- _ASSIGNMENT_
Print, in exact form, the lines below from the one containing "before y ys))" through the one containing "All-Memᴰ P (x ∷ xs) a h (Memᴰ.tail", and omit all others.

[Dataset items]
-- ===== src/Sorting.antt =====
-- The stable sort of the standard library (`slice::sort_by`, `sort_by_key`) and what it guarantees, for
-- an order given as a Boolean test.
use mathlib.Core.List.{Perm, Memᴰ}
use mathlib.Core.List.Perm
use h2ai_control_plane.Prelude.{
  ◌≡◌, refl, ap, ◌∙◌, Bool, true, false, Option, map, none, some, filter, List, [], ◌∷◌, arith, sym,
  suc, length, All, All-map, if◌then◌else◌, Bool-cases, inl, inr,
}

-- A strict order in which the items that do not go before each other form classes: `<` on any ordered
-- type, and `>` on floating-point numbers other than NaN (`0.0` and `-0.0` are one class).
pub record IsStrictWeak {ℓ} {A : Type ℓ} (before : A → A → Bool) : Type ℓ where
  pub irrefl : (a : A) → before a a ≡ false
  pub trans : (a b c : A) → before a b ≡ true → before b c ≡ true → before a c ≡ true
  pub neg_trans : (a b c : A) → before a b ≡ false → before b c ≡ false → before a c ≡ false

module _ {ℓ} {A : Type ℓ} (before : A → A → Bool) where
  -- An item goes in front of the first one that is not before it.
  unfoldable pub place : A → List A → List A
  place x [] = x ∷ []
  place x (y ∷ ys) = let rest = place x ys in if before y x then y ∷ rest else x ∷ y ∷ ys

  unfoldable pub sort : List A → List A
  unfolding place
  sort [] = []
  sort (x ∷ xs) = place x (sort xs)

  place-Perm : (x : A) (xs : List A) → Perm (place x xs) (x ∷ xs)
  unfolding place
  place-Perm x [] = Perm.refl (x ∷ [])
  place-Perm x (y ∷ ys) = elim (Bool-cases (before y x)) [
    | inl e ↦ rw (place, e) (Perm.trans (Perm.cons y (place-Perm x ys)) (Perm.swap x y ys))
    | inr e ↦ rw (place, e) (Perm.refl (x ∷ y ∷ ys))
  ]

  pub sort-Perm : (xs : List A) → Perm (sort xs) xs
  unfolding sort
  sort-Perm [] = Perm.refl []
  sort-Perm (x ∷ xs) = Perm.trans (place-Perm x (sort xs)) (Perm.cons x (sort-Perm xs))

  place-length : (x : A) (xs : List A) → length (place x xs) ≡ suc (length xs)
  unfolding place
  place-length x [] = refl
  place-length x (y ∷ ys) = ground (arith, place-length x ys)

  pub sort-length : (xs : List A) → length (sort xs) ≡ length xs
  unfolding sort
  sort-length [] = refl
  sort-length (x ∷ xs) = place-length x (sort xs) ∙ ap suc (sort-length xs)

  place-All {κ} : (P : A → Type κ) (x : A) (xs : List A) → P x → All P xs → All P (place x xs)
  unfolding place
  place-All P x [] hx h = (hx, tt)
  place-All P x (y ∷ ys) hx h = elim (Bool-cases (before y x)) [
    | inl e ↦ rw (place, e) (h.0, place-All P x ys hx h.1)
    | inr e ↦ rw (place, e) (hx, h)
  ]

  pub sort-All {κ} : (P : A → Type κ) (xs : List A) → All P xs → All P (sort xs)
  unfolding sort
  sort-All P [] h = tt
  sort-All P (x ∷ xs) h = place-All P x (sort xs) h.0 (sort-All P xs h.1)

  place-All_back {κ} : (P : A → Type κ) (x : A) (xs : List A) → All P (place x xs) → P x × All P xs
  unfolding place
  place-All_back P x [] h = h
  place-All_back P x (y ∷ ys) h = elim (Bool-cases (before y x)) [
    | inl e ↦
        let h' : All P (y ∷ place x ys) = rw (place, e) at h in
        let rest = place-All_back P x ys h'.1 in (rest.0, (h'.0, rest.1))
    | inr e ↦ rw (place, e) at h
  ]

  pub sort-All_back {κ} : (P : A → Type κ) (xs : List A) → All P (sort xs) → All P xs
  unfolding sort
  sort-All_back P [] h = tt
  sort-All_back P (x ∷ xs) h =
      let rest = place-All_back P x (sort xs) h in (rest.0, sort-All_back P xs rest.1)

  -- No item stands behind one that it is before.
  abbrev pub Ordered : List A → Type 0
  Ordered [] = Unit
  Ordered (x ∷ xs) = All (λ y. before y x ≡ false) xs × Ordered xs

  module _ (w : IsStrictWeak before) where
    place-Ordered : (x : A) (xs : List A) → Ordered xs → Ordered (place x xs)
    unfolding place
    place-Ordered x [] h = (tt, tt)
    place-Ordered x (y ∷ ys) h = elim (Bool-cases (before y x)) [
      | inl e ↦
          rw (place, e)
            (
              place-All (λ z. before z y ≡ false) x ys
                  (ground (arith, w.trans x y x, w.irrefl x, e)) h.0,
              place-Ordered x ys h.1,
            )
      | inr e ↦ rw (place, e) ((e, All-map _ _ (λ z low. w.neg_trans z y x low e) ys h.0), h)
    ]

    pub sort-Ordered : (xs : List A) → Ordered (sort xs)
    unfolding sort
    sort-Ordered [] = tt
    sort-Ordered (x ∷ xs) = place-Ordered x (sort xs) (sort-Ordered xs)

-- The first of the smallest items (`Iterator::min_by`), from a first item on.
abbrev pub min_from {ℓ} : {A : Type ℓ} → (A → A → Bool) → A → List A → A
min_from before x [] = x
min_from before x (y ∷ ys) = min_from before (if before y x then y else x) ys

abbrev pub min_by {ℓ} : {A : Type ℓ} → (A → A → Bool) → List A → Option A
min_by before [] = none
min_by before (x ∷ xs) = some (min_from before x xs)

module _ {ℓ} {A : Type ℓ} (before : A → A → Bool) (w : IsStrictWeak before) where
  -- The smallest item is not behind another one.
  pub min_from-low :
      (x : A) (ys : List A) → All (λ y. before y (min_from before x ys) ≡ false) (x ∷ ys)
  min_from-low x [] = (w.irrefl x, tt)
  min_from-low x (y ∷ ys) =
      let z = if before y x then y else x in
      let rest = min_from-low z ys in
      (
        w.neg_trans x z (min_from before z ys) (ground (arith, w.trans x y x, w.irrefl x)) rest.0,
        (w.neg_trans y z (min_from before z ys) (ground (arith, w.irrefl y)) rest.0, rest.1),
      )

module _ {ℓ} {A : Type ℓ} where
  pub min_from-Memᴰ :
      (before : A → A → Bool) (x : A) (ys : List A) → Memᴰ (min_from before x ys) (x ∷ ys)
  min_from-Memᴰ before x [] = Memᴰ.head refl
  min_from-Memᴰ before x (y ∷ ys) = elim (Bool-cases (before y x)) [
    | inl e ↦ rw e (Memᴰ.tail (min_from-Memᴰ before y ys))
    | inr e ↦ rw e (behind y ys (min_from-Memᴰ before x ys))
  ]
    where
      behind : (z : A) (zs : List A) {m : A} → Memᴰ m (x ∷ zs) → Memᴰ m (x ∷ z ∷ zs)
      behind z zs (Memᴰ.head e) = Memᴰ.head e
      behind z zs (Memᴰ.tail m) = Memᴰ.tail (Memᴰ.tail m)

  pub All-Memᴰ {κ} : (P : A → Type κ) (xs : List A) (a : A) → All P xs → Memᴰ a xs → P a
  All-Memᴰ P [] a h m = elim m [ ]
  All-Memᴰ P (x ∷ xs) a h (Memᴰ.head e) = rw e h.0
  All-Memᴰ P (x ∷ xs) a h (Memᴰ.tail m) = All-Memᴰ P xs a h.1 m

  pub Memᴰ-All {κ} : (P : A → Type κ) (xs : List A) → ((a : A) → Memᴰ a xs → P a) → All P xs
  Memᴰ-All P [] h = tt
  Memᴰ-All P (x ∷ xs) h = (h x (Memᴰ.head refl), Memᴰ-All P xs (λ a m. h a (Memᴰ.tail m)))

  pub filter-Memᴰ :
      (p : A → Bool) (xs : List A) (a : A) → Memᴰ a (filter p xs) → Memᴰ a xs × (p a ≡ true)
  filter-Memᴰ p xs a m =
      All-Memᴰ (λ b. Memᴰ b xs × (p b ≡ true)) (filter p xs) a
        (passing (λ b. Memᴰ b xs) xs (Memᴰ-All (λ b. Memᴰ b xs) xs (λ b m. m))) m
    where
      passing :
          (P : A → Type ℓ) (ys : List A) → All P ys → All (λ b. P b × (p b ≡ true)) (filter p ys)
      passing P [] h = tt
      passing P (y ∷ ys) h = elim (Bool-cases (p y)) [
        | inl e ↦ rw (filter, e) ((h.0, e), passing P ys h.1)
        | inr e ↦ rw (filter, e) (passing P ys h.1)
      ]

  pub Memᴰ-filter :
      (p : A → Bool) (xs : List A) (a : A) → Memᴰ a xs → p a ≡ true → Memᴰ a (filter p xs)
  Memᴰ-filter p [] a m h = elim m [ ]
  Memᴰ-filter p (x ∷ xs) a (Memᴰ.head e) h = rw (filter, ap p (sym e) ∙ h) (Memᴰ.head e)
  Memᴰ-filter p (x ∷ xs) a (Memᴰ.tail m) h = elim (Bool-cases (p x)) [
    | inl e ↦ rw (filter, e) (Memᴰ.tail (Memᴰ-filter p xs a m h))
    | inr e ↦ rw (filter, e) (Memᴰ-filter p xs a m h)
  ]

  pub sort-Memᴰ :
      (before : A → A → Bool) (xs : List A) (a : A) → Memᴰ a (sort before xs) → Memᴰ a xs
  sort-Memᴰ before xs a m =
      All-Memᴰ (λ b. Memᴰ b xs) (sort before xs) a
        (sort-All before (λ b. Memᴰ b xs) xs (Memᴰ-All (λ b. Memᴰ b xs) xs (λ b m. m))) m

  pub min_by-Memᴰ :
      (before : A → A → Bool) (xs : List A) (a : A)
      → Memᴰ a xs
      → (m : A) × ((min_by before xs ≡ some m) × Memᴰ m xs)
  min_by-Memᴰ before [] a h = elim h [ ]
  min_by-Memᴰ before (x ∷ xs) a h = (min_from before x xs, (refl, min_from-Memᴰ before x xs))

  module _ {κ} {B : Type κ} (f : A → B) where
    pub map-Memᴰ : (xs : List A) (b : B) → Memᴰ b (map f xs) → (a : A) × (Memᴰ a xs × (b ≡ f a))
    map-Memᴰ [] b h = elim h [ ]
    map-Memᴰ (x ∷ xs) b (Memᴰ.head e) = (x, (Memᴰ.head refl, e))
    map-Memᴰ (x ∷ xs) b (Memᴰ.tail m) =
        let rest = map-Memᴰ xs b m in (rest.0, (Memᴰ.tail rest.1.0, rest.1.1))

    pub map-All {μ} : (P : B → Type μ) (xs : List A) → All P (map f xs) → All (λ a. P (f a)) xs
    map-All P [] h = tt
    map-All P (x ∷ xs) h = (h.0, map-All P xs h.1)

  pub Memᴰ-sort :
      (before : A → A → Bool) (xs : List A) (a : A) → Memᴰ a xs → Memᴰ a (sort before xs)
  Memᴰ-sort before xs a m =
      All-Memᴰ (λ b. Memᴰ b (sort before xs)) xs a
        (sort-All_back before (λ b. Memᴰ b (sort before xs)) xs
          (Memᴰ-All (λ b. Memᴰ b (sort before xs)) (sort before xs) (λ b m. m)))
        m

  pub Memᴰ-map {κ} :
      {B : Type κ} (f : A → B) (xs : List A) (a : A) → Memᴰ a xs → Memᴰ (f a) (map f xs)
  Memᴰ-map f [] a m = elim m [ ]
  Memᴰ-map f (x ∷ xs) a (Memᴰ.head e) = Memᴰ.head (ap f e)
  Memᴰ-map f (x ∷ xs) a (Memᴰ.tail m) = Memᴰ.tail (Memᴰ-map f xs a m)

---

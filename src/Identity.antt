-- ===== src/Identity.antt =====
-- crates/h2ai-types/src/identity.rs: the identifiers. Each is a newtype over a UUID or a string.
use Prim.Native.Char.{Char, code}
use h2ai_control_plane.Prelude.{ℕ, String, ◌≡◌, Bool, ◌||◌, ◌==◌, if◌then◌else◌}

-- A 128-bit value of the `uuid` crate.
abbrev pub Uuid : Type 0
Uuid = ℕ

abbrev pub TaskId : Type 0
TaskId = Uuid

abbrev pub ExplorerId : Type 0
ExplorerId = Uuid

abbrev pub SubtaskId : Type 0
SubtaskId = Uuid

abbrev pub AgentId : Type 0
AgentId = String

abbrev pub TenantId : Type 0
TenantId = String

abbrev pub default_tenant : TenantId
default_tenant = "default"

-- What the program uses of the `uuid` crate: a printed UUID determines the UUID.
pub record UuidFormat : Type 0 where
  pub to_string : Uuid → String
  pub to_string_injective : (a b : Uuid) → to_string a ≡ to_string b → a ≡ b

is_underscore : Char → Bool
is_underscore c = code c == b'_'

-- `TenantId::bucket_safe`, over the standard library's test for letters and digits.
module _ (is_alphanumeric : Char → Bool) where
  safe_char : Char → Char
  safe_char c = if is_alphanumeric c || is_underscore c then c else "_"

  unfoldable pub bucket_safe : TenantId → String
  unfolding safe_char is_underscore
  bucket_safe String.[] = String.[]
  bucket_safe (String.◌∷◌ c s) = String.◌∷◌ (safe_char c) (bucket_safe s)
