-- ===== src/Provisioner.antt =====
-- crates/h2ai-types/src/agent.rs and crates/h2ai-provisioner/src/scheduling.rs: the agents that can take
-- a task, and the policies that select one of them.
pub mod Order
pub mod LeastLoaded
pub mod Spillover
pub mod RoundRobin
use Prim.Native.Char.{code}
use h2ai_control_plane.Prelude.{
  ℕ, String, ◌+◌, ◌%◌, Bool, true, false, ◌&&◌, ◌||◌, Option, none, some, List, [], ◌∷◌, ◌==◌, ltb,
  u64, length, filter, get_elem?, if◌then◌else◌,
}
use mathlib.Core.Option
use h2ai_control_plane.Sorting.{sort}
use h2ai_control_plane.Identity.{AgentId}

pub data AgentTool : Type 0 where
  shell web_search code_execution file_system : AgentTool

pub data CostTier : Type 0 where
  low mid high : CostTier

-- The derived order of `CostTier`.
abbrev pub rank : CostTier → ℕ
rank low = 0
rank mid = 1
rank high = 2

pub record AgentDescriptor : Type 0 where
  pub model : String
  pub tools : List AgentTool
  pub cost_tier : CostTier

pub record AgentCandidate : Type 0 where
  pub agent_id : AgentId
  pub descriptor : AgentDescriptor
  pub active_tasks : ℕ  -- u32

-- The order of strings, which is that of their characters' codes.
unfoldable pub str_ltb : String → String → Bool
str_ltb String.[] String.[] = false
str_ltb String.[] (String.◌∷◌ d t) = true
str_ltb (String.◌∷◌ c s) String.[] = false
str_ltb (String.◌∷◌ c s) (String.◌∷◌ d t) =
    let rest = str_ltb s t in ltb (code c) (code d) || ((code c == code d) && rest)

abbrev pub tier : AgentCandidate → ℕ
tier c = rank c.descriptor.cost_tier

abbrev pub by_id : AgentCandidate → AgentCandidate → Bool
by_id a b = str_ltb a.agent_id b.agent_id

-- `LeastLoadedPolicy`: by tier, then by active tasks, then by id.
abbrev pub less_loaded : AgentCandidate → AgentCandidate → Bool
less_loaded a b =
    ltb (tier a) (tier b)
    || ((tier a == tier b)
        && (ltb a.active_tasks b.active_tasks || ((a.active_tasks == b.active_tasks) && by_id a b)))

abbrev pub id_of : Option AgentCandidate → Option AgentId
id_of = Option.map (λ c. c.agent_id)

- _SOLUTION TO THIS EXERCISE_
    | inl e ↦ rw e (Memᴰ.tail (min_from-Memᴰ before y ys))
    | inr e ↦ rw e (behind y ys (min_from-Memᴰ before x ys))
  ]
    where
      behind : (z : A) (zs : List A) {m : A} → Memᴰ m (x ∷ zs) → Memᴰ m (x ∷ z ∷ zs)
      behind z zs (Memᴰ.head e) = Memᴰ.head e
      behind z zs (Memᴰ.tail m) = Memᴰ.tail (Memᴰ.tail m)

  pub All-Memᴰ {κ} : (P : A → Type κ) (xs : List A) (a : A) → All P xs → Memᴰ a xs → P a
  All-Memᴰ P [] a h m = elim m [ ]
  All-Memᴰ P (x ∷ xs) a h (Memᴰ.head e) = rw e h.0
  All-Memᴰ P (x ∷ xs) a h (Memᴰ.tail m) = All-Memᴰ P xs a h.1 m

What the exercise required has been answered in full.